Vabbè, il Serianni si sa che tende ad essere descrittivo più che prescrittivo.


----------



## Necsus

Dal Treccani (in):
*b.* In parecchi casi sostituisce la prep. _di_; così, per es., con nomi di colori, in frasi quali: _sottolineare in rosso_, _in blu_; _essere vestito in grigio_, _in nero_; o per indicare il genere di una attività commerciale: _negoziante in tessuti_; _commerciante in vini_, _in legname_; _commerciare in vini_, _in legname_. Per indicare la materia: _posate in argento_, _tubi in ferro_ (equivale a _d’argento_, _di ferro_).
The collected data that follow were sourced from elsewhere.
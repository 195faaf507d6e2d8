-- ===== src/Stack/Segment.antt =====
-- crates/clash-tun/src/stack.rs: IP packets that carry a TCP segment between two ends.
use rust_clash.Common.{ℕ, ◌-◌, ◌^◌, ◌<◌, ◌≤◌, ◌≡◌, refl, some, List, arith, length, take, at, slice}
use rust_clash.Net.{SocketAddrV4, IsIp}
use rust_clash.Packet.{Ipv4, add32, parse_ipv4, parse_tcp, tcp_total, fold, sum_words, pseudo_sum}

abbrev pub tcp_header : ℕ → ℕ → SocketAddrV4 → SocketAddrV4 → Ipv4
tcp_header n t src dst = record {
  header_len = n;
  proto = 6;
  src = src.ip;
  dst = dst.ip;
  total_len = t;
}

-- A packet of `t` bytes that carries a TCP segment from `src` to `dst` behind a header of `n`
-- bytes.
pub record IsTcp (n t : ℕ) (src dst : SocketAddrV4) (flags offset : ℕ) (packet : List ℕ)
    : Type 0 where
  pub parsed : parse_ipv4 packet ≡ some (tcp_header n t src dst)
  pub ports : parse_tcp (slice packet n (t - n)) ≡ some (src.port, dst.port, flags, offset)

-- Both of its checksums come out, and it has no bytes behind.
pub record IsSent (n t : ℕ) (src dst : SocketAddrV4) (packet : List ℕ) : Type 0 where
  pub size : length packet ≡ t
  pub header_sum : fold (sum_words (take n packet)) ≡ 0
  pub segment_sum :
      fold (add32 (pseudo_sum src.ip dst.ip 6 (t - n)) (sum_words (slice packet n (t - n)))) ≡ 0

abbrev pub IsPort16 : ℕ → Type 0
IsPort16 p = p < 2 ^ 16

abbrev pub IsAddr : SocketAddrV4 → Type 0
IsAddr a = IsIp a.ip × IsPort16 a.port

-- The length that the checksum covers is the one that parse_ipv4 reads.
pub total_of_parse :
    (p q : List ℕ) (h : Ipv4)
    → parse_ipv4 p ≡ some h
    → length q ≡ length p
    → at q 2 ≡ at p 2
    → at q 3 ≡ at p 3
    → (tcp_total q h.header_len ≡ h.total_len)
      × (h.header_len ≤ h.total_len)
      × (h.total_len ≤ length p)
unfolding parse_ipv4 tcp_total
total_of_parse p q h e len a b = ground (arith, len, a, b)

-- A packet that begins alike and ends where the other's header says parses alike.
pub parse_ipv4_cut :
    (p q : List ℕ) (h : Ipv4)
    → parse_ipv4 p ≡ some h
    → length q ≡ h.total_len
    → ((j : ℕ) → j < 20 → at q j ≡ at p j)
    → parse_ipv4 q ≡ some h
unfolding parse_ipv4
parse_ipv4_cut p q h e len same =
    rw
      (
        same 0 (omega arith),
        same 2 (omega arith),
        same 3 (omega arith),
        same 9 (omega arith),
        same 12 (omega arith),
        same 13 (omega arith),
        same 14 (omega arith),
        same 15 (omega arith),
        same 16 (omega arith),
        same 17 (omega arith),
        same 18 (omega arith),
        same 19 (omega arith),
        len,
      )
      (ground arith)

-- And so with segments.
pub parse_tcp_same :
    (p q : List ℕ)
    → length q ≡ length p
    → ((j : ℕ) → j < 14 → at q j ≡ at p j)
    → parse_tcp q ≡ parse_tcp p
unfolding parse_tcp
parse_tcp_same p q len same =
    rw
      (
        same 0 (omega arith),
        same 1 (omega arith),
        same 2 (omega arith),
        same 3 (omega arith),
        same 12 (omega arith),
        same 13 (omega arith),
        len,
      )
      refl

pub parse_tcp_bounds :
    (p : List ℕ) (src dst flags offset : ℕ)
    → parse_tcp p ≡ some (src, dst, flags, offset)
    → 20 ≤ length p
unfolding parse_tcp
parse_tcp_bounds p src dst flags offset e = ground arith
Che poi nella lingua di tutti i giorni sia più usata _di_ è un altro discorso.


----------



## matoupaschat

Tutti i dizionari consultati esprimono lo stesso parere. Scusa, non me la sento di elencarli.


Danloor said:


> Vabbè, il Serianni si sa che tende ad essere descrittivo più che prescrittivo.
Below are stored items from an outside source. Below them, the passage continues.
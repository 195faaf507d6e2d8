-- ===== src/Stack/Rewrite.antt =====
-- crates/clash-tun/src/stack.rs: what the three calls that give a TCP packet new ends make of it.
use rust_clash.Common.{
  ℕ, ◌+◌, ◌-◌, ◌^◌, ◌<◌, ◌≤◌, ◌≡◌, refl, sym, ◌∙◌, ap, some, List, arith, length, take, drop, at,
  slice, write, All, IsByte, write-All, length-write, at-write_before, at-write_in, take_ext,
  take-take, All-take, All-drop, length-take, length-drop, at-take, at-slice, slice-take,
}
use mathlib.Core.Path.{subst}
use rust_clash.Net.{SocketAddrV4}
use rust_clash.Packet.{
  add32, parse_ipv4, parse_tcp, update_tcp_checksum, fold, sum_words, pseudo_sum,
}
use rust_clash.Packet.Ip.{parse_ipv4_bounds, set_addresses_lem}
use rust_clash.Packet.Tcp.{set_tcp_ports_lem, update_tcp_checksum_lem}
use rust_clash.Stack.Plain.{rewrite_steps}
use rust_clash.Stack.{rewrite}
use rust_clash.Stack.Segment.{
  IsTcp, IsSent, IsAddr, tcp_header, total_of_parse, parse_ipv4_cut, parse_tcp_same,
  parse_tcp_bounds,
}

-- The last two steps: the segment `ported` with its ports stands in the packet `one`, which already
-- has its addresses, and the checksum is made.
module _ (n t : ℕ) (src dst : SocketAddrV4) (flags offset : ℕ) (one ported : List ℕ)
    (s : IsAddr src) (d : IsAddr dst) (good : All IsByte one) (good_ported : All IsByte ported)
    (small : length one < 2 ^ 16) (size : length ported ≡ t - n)
    (bounds : (20 ≤ n) × (n + 20 ≤ t) × (t ≤ length one))
    (parsed : parse_ipv4 one ≡ some (tcp_header n t src dst)) where
  abbrev joined : List ℕ
  joined = write n ported one

  -- What the checksum leaves of the header, of the first bytes of the segment, and of the rest.
  checksummed :
      (three : List ℕ) × (update_tcp_checksum joined n src.ip dst.ip ≡ some three)
      × (length three ≡ length one)
      × All IsByte three
      × (fold (add32 (pseudo_sum src.ip dst.ip 6 (t - n)) (sum_words (slice three n (t - n)))) ≡ 0)
      × ((j : ℕ) → j < n → at three j ≡ at one j)
      × ((k : ℕ) → k < 16 → at three (n + k) ≡ at ported k)
      × ((k : ℕ) → 18 ≤ k → n + k < t → at three (n + k) ≡ at ported k)
  checksummed =
      let (long, room, high) = bounds in
      let len_two = length-write n ported one (omega (arith, size)) in
      let (total, low, top) =
        total_of_parse one joined _ parsed len_two
          (at-write_before n 2 ported one (omega arith) (omega arith))
          (at-write_before n 3 ported one (omega arith) (omega arith)) in
      let (three, done, len, sum, good3, before, behind) =
        update_tcp_checksum_lem joined n src.ip dst.ip
          (write-All IsByte n ported one good_ported good) s.0 d.0 (omega (arith, len_two))
          (omega arith) (omega (arith, total)) (omega (arith, len_two)) in
      (
        three,
        done,
        len ∙ len_two,
        good3,
        subst
            (λ k.
              fold (add32 (pseudo_sum src.ip dst.ip 6 (k - n)) (sum_words (slice three n (k - n))))
              ≡ 0)
            total sum,
        λ j h. before j (omega arith) ∙ at-write_before n j ported one h (omega arith),
        λ k h.
            before (n + k) (omega arith)
            ∙ at-write_in n k ported one (omega (arith, size)) (omega arith),
        λ k b h.
            behind (n + k) (omega arith)
            ∙ at-write_in n k ported one (omega (arith, size)) (omega arith),
      )

  whole_segment :
      (three : List ℕ)
      → length three ≡ length one
      → parse_tcp ported ≡ some (src.port, dst.port, flags, offset)
      → fold (sum_words (take n one)) ≡ 0
      → fold (add32 (pseudo_sum src.ip dst.ip 6 (t - n)) (sum_words (slice three n (t - n)))) ≡ 0
      → ((j : ℕ) → j < n → at three j ≡ at one j)
      → ((k : ℕ) → k < 16 → at three (n + k) ≡ at ported k)
      → IsTcp n t src dst flags offset (take t three) × IsSent n t src dst (take t three)
  whole_segment three len ports header_sum sum front middle =
      let (long, room, high) = bounds in
      let out_len : length (take t three) ≡ t = omega (arith, length-take t three, len) in
      let in_out : (j : ℕ) → j < 14 → at (slice (take t three) n (t - n)) j ≡ at ported j = λ j h.
        at-slice n (t - n) j (take t three) (omega arith)
        ∙ at-take t (n + j) three (omega arith)
        ∙ middle j (omega arith) in
      let cut : length (slice (take t three) n (t - n)) ≡ length ported = omega (
        arith,
        out_len,
        size,
        length-take (t - n) (drop n (take t three)),
        length-drop n (take t three),
      ) in
      (
        record {
          parsed =
              parse_ipv4_cut one (take t three) _ parsed out_len
                (λ j h. at-take t j three (omega arith) ∙ front j (omega arith));
          ports = parse_tcp_same ported (slice (take t three) n (t - n)) cut in_out ∙ ports;
        },
        record {
          size = out_len;
          header_sum =
              ap (λ l. fold (sum_words l))
                (take-take n t three (omega arith) ∙ take_ext n three one len front)
              ∙ header_sum;
          segment_sum =
              ap (λ l. fold (add32 (pseudo_sum src.ip dst.ip 6 (t - n)) (sum_words l)))
                (slice-take n (t - n) t three (omega arith))
              ∙ sum;
        },
      )

module _ (packet : List ℕ) (n t : ℕ) (from to : SocketAddrV4) (flags offset : ℕ)
    (bytes : All IsByte packet) (small : length packet < 2 ^ 16)
    (carries : IsTcp n t from to flags offset packet) where
  -- The header's bounds, and that the segment is long enough.
  room_in_packet :
      (20 ≤ n)
      × (n < 64)
      × (n + 20 ≤ t)
      × (t ≤ length packet)
      × (length (slice packet n (t - n)) ≡ t - n)
  room_in_packet =
      let (long, fits, short) = parse_ipv4_bounds packet _ carries.parsed in
      let (total, low, high) = total_of_parse packet packet _ carries.parsed refl refl refl in
      let segment = parse_tcp_bounds _ _ _ _ _ carries.ports in
      let size = length-take (t - n) (drop n packet) in
      let behind = length-drop n packet in
      (
        long,
        short,
        omega (arith, segment, size, behind, high, low),
        high,
        omega (arith, size, behind, high, low),
      )

  -- The segment of a packet of that length that agrees behind the header.
  segment_same :
      (other : List ℕ)
      → length other ≡ length packet
      → ((j : ℕ) → 20 ≤ j → at other j ≡ at packet j)
      → parse_tcp (slice other n (t - n)) ≡ parse_tcp (slice packet n (t - n))
  segment_same other len behind =
      let (long, short, room, high, size) = room_in_packet in
      parse_tcp_same (slice packet n (t - n)) (slice other n (t - n))
        (omega (arith, size, len, length-take (t - n) (drop n other), length-drop n other))
        (λ j h.
          at-slice n (t - n) j other (omega arith)
          ∙ behind (n + j) (omega arith)
          ∙ sym (at-slice n (t - n) j packet (omega arith)))

  -- On a packet of at most 65535 bytes that carries a TCP segment, with ends of octets and of ports
  -- of 16 bits, `rewrite` succeeds: what is sent carries the same flags and offset between the new
  -- ends, both of its checksums come out, and behind the segment's
  -- checksum all bytes are as they were.
  pub rewrite_lem :
      (src dst : SocketAddrV4)
      → IsAddr src
      → IsAddr dst
      → (out : List ℕ) × (rewrite packet (tcp_header n t from to) src dst ≡ some out)
        × IsTcp n t src dst flags offset out
        × IsSent n t src dst out
        × All IsByte out
        × ((k : ℕ) → 18 ≤ k → n + k < t → at out (n + k) ≡ at packet (n + k))
  rewrite_lem src dst s d =
      let (long, short, room, high, size) = room_in_packet in
      let (one, done1, parsed1, sum1, behind1, before1, len1, good1) =
        set_addresses_lem packet _ src.ip dst.ip bytes s.0 d.0 carries.parsed in
      let segment = slice one n (t - n) in
      let (ported, done2, parsed2, len2, good2, behind2) =
        set_tcp_ports_lem segment _ _ flags offset src.port dst.port
          (segment_same one len1 behind1 ∙ carries.ports) s.1 d.1 in
      let size2 : length ported ≡ t - n =
        omega (arith, len2, len1, high, length-take (t - n) (drop n one), length-drop n one) in
      let (three, done3, len3, good3, sum3, front, middle, behind3) =
        checksummed n t src dst flags offset one ported s d good1
          (good2 (All-take IsByte (t - n) _ (All-drop IsByte n one good1))) (omega (arith, len1))
          size2 (long, room, omega (arith, high, len1)) parsed1 in
      let joined = length-write n ported one (omega (arith, size2, len1, high)) in
      let (tcp, sent) =
        whole_segment n t src dst flags offset one ported s d good1
          (good2 (All-take IsByte (t - n) _ (All-drop IsByte n one good1))) (omega (arith, len1))
          size2 (long, room, omega (arith, high, len1)) parsed1 three len3 parsed2 sum1 sum3 front
          middle in
      (
        take t three,
        rewrite_steps packet one ported three (tcp_header n t from to) src dst (omega arith)
            (omega (arith, len1, high)) (omega (arith, len3, joined, len1, high)) done1 done2 done3,
        tcp,
        sent,
        All-take IsByte t three good3,
        λ k b h.
            at-take t (n + k) three h
            ∙ behind3 k b h
            ∙ behind2 k (omega arith)
            ∙ at-slice n (t - n) k one (omega arith)
            ∙ behind1 (n + k) (omega arith),
      )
Come ogni grammatico/a moderno/a. L'uso fa la grammatica, non il contrario. Ragione per cui non parliamo più latino, io come te .


----------



## Mutti57

Giusto Necsus... io uso "in" e sono convinta sia piu corretto, tuttavia l'uso generale è "di" e credo ciò lo renda altrettanto valido.
Ciao (e non "ave"...)


----------



## strofinaccio

Grazie a tutti per le vostre risposte!
Adesso continuerò ad usare più spesso "di", visto che nello spagnolo si usa sovente "de", seppure si usi anche "en" ma molto di meno.
Mi sembra che questa regola sia la stessa in italiano e in spagnolo.

Tante grazie

Ci sentiamo!


----------



## Danloor

Sì, ok. Si è diffuso l'uso di "in" e questo lo rende accettato e riportato anche dalle grammatiche. Però la forma etimologicamente corretta è "di". E la domanda alla quale risponde il complemento di materia è "Di cosa è fatto?" non "In cosa è fatto?" Quindi, sarebbe comunque preferibile sostenere la preposizione "di", per quanto "in" non sia più un errore.


----------



## Necsus

Francamente a me non risulta che ricorrere alla preposizione _in_ per introdurre il complemento di materia sia mai stato considerato un 'errore'. Disponi di qualche documentazione in merito? 
Comunque per tornare alla domanda originaria di Strofinaccio, una possibile interpretazione è che con _in_ si voglia porre l'accento sulla materia di cui è fatto un oggetto, come spiega Giovanni Nencioni in questo intervento riportato ne 'La Crusca per voi', da cui estrapolo:

"[...] direi che _un pavimento di legno _è espressione in sé completa e corretta perché qualifica la materia di cui il pavimento è formato, al pari di _un orologio d’oro, posate d’argento, scrivania di noce _ecc. Invece, _una statua in legno _serve ad attirare l’attenzione sulla materia di cui è composta e sulla tecnica della sua lavorazione, oppure ad inserirla in un inventario di oggetti identificati materialmente. Sarebbe comunque bene completare l’espressione _in legno _con la forma verbale pertinente, probabilmente nel caso della prof.ssa Bondavalli Ward, _scolpita in legno_"_._


----------



## Danloor

Ricordi fumosi risalenti a scuola media e a università. Magari è anche una questione di influenza culturale di carattere regionale. Nel senso che al Sud si predilige forse "di" e al Nord "in". Però si tratta solo di una ipotesi che sto avanzando qui sul momento.


----------



## ursu-lab

Danloor said:


> . Nel senso che al Sud si predilige forse "di" e al Nord "in". Però si tratta solo di una ipotesi che sto avanzando qui sul momento.


  
Mi spiace, ma la tua ipotesi non ha alcun fondamento. Al Nord si usa prevalentemente "di", e si usa "in" nei casi indicati nel post di Necsus in cui cita l'articolo della Crusca.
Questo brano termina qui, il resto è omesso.